Amor em fim de festa | Do Amor #5
Chegou batendo a porta e avisou a dor nas costas dele. Adormeceu no sofá esperando por ela e acordou com o corpo gelado e todo torto. Ela, maquiagem borrada, sorriso mole de orelha a orelha, a sandália dourada de salto altíssimo nas mãos e o vestido preto cintilante com vários paetês faltando.
Sambou a noite toda e não atendeu as ligações dele. Já tinha umas semanas que estavam nessa rotina de se falarem pouco ou quase nada, alternavam a presença dentro de casa, uma troca velada, disfarçada de "vou comprar alguma coisa pra colocar na geladeira" ou "preciso trocar umas roupas no shopping". Começaram a namorar recém entrados na faculdade, foram morar juntos em uma república no meio do curso e, ao se formarem, já estavam em um apartamento só deles. Se apaixonaram pelas infinitas afinidades e se tornaram adultos diferentes.
Ele mirava lá na frente, trocou a armação dos óculos por uma versão mais formal, passou a usar mais camisas e procurava na Internet críticas de bons vinhos e bons restaurantes. Ela virou uma nostálgica, relembrava as sinucas pós-aula e ria das antigas promoções de cerveja nos bares que atraiam a molecada sem grana. Ele rapidamente arranjou um emprego e, chegando cansado certa noite, a pegou às gargalhadas com algum amigo no Skype depois de terminar uns trabalhos de freelance de casa mesmo. Foi para o banho sem falar nada e ela o seguiu, comentando que estava organizando uma festa de reencontro com o pessoal da faculdade, que estava vendo o lugar pra todo mundo ir e ficar junto.
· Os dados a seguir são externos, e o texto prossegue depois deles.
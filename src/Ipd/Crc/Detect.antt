-- ===== src/Ipd/Crc/Detect.antt =====
-- The checksum loses no byte: from the register after a byte, the byte can be had back.
use linuxax.Prelude.{
  ℕ, suc, ◌/◌, ◌%◌, ◌<◌, bit_xor, ◌≡◌, refl, sym, ap, ◌∙◌, true, ◌&&◌, List, [], ◌∷◌, ◌++◌, ◌==◌,
  ==_iff, if◌then◌else◌, arith, All, get_or,
}
use linuxax.Prelude.Bits.{
  all_below, all_below_sound, xor_comm, zero-xor, xor-div_pow, xor_lt, and_ff, xor_right_inj,
}
use linuxax.Ipd.Crc.{fcs_table, fcs_byte, pppfcs, init_fcs, ok_crc}
use linuxax.Ipd.Crc.Reference.{xor_byte-div}

-- The place of the first entry with the given upper byte.
find_high : ℕ → List ℕ → ℕ
find_high h [] = 0
find_high h (t ∷ ts) = if t / 256 == h then 0 else suc (find_high h ts)

abbrev entry : ℕ → ℕ
entry i = get_or fcs_table i 0

entries :
    all_below 256 (λ i. (entry i / 65536 == 0) && (find_high (entry i / 256) fcs_table == i)) ≡ true
unfolding all_below fcs_table find_high
entries = refl

-- An entry fits 16 bits, and its upper byte tells its place.
entry_facts : (i : ℕ) → i < 256 → (entry i / 65536 ≡ 0) × (find_high (entry i / 256) fcs_table ≡ i)
entry_facts i h = ground (
  arith,
  all_below_sound 256 (λ i. (entry i / 65536 == 0) && (find_high (entry i / 256) fcs_table == i)) i
      h entries,
)

entry_inj : (i j : ℕ) → i < 256 → j < 256 → entry i / 256 ≡ entry j / 256 → i ≡ j
entry_inj i j h k e =
    sym (entry_facts i h).1 ∙ ap (λ t. find_high t fcs_table) e ∙ (entry_facts j k).1

fcs_byte-eq-entry : (fcs c : ℕ) → fcs_byte fcs c ≡ bit_xor (fcs / 256) (entry (bit_xor fcs c % 256))
unfolding fcs_byte
fcs_byte-eq-entry fcs c = rw (and_ff (bit_xor fcs c))

-- What the loop keeps: the register fits 16 bits.
pub fcs_byte-lt : (fcs c : ℕ) → fcs < 65536 → fcs_byte fcs c < 65536
fcs_byte-lt fcs c h = rw (fcs_byte-eq-entry fcs c) (
    xor_lt 16 (fcs / 256) (entry (bit_xor fcs c % 256)) (omega arith)
      (omega (arith, entry_facts (bit_xor fcs c % 256) (omega arith))))

pub pppfcs-lt : (fcs : ℕ) (cp : List ℕ) → fcs < 65536 → pppfcs fcs cp < 65536
unfolding pppfcs
pppfcs-lt fcs [] h = h
pppfcs-lt fcs (c ∷ cp) h = pppfcs-lt (fcs_byte fcs c) cp (fcs_byte-lt fcs c h)

-- The upper byte of the new register is that of the entry.
fcs_byte-div : (fcs c : ℕ) → fcs < 65536 → fcs_byte fcs c / 256 ≡ entry (bit_xor fcs c % 256) / 256
fcs_byte-div fcs c h =
    let none_left : fcs / 256 / 256 ≡ 0 = omega arith in
    rw (fcs_byte-eq-entry fcs c)
      (xor-div_pow 8 (fcs / 256) (entry (bit_xor fcs c % 256)) ∙ rw none_left (zero-xor _))

fcs_byte_inj :
    (f g c d : ℕ)
    → f < 65536
    → g < 65536
    → c < 256
    → d < 256
    → fcs_byte f c ≡ fcs_byte g d
    → bit_xor f c ≡ bit_xor g d
fcs_byte_inj f g c d hf hg hc hd e =
    omega (arith, low, high low, xor_byte-div f c hc, xor_byte-div g d hd)
  where
    low : bit_xor f c % 256 ≡ bit_xor g d % 256
    low =
        entry_inj (bit_xor f c % 256) (bit_xor g d % 256) (omega arith) (omega arith)
          (sym (fcs_byte-div f c hf) ∙ ap (λ t. t / 256) e ∙ fcs_byte-div g d hg)

    high : bit_xor f c % 256 ≡ bit_xor g d % 256 → f / 256 ≡ g / 256
    high l =
        xor_right_inj (f / 256) (g / 256) (entry (bit_xor g d % 256))
          (rw l at (sym (fcs_byte-eq-entry f c) ∙ e ∙ fcs_byte-eq-entry g d))

-- The same bytes lead from different registers to different registers.
pppfcs_inj :
    (s : List ℕ) (f g : ℕ)
    → f < 65536
    → g < 65536
    → All (λ c. c < 256) s
    → pppfcs f s ≡ pppfcs g s
    → f ≡ g
unfolding pppfcs
pppfcs_inj [] f g hf hg h e = e
pppfcs_inj (c ∷ s) f g hf hg h e = xor_right_inj f g c (
    fcs_byte_inj f g c c hf hg h.0 h.0
      (pppfcs_inj s (fcs_byte f c) (fcs_byte g c) (fcs_byte-lt f c hf) (fcs_byte-lt g c hg) h.1 e))

-- Two neighbouring bytes can be had back from the register that they lead to.
pub fcs_two_bytes_inj :
    (f c c' d d' : ℕ)
    → f < 65536
    → c < 256
    → c' < 256
    → d < 256
    → d' < 256
    → fcs_byte (fcs_byte f c) c' ≡ fcs_byte (fcs_byte f d) d'
    → (c ≡ d) × (c' ≡ d')
fcs_two_bytes_inj f c c' d d' hf hc hc' hd hd' e = (first, second)
  where
    inner : bit_xor (fcs_byte f c) c' ≡ bit_xor (fcs_byte f d) d'
    inner =
        fcs_byte_inj (fcs_byte f c) (fcs_byte f d) c' d' (fcs_byte-lt f c hf) (fcs_byte-lt f d hf)
          hc' hd' e

    places : bit_xor f c % 256 ≡ bit_xor f d % 256
    places = entry_inj (bit_xor f c % 256) (bit_xor f d % 256) (omega arith) (omega arith) (
        omega (
          arith,
          ap (λ t. t / 256) inner,
          xor_byte-div (fcs_byte f c) c' hc',
          xor_byte-div (fcs_byte f d) d' hd',
          fcs_byte-div f c hf,
          fcs_byte-div f d hf,
        ))

    whole : bit_xor f c ≡ bit_xor f d
    whole = omega (arith, places, xor_byte-div f c hc, xor_byte-div f d hd)

    first : c ≡ d
    first = xor_right_inj c d f (xor_comm c f ∙ whole ∙ xor_comm f d)

    second : c' ≡ d'
    second = xor_right_inj c' d' (fcs_byte f d) (
        xor_comm c' (fcs_byte f d)
        ∙ ap (λ t. bit_xor (fcs_byte f t) c') (sym first)
        ∙ inner
        ∙ xor_comm (fcs_byte f d) d')

pub pppfcs-append : (f : ℕ) (p q : List ℕ) → pppfcs f (p ++ q) ≡ pppfcs (pppfcs f p) q
unfolding pppfcs
pppfcs-append f [] q = refl
pppfcs-append f (c ∷ p) q = pppfcs-append (fcs_byte f c) p q

-- Error detection: of two buffers that differ in one byte or in two neighbouring bytes and agree
-- elsewhere, `ok_crc` accepts at most one.
pub ok_crc_detects :
    (p s : List ℕ) (c c' d d' : ℕ)
    → c < 256
    → c' < 256
    → d < 256
    → d' < 256
    → All (λ b. b < 256) s
    → ok_crc (p ++ (c ∷ c' ∷ s)) ≡ true
    → ok_crc (p ++ (d ∷ d' ∷ s)) ≡ true
    → (c ≡ d) × (c' ≡ d')
unfolding ok_crc pppfcs
ok_crc_detects p s c c' d d' hc hc' hd hd' hs e e' =
    fcs_two_bytes_inj f c c' d d' small hc hc' hd hd' (
      pppfcs_inj s (fcs_byte (fcs_byte f c) c') (fcs_byte (fcs_byte f d) d')
        (fcs_byte-lt _ c' (fcs_byte-lt f c small)) (fcs_byte-lt _ d' (fcs_byte-lt f d small)) hs
        (sym (pppfcs-append init_fcs p (c ∷ c' ∷ s))
          ∙ (==_iff _ _).0 e
          ∙ sym ((==_iff _ _).0 e')
          ∙ pppfcs-append init_fcs p (d ∷ d' ∷ s)))
  where
    f : ℕ
    f = pppfcs init_fcs p

    small : f < 65536
    small = pppfcs-lt init_fcs p (omega arith)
Ele disse que não iria e ouviu o silêncio tomar conta da casa.
Desde então, o afastamento.
Na tal noite ela chegou feliz, pés sujos, alma lavada. Conversou, trocou afetos com pessoas que sentia saudade. Ele se sentou no sofá e a fuzilou com os olhos. Parados, um na frente do outro, ela o questionou:
— Você não vai me perguntar como foi lá hoje?
— Dá pra ver que foi ótimo.
— Vem logo curar a tua nega que chegou de porre lá da boemia!
Abriu os braços, largou a sandália e ficou na pontinha dos pés.
— Até quando você vai ficar nessa?
Ela murchou os ombros junto com o ar que saiu melancólico do peito.
— Quero dizer, a gente tem uma vida pra fazer, meu amor. Senta aqui, a gente tem uma vida juntos agora, temos que fazer planos, estruturar as coisas, você precisa entrar mais no mercado de trabalho, pensar na sua carreira. Olha, juntos a gente vai conseguir muita coisa, você me ajudando e eu te ajudando, a gente vai longe, vamos realizar todos os nossos sonhos.
— Os seus sonhos.
— Os nossos sonhos! Escuta, você também quer ser feliz, quer ser feliz ao meu lado, quer ver o nosso amor crescer ainda mais, estabilizados, com filhos, com toda a segurança desse mundo.
Ela puxou o zíper das costas e tirou o vestido.
— Como você é infantil, cara.
Ela foi se deitar de calcinha e sutiã, sem tomar banho.
O amor, às vezes, é um fim de festa.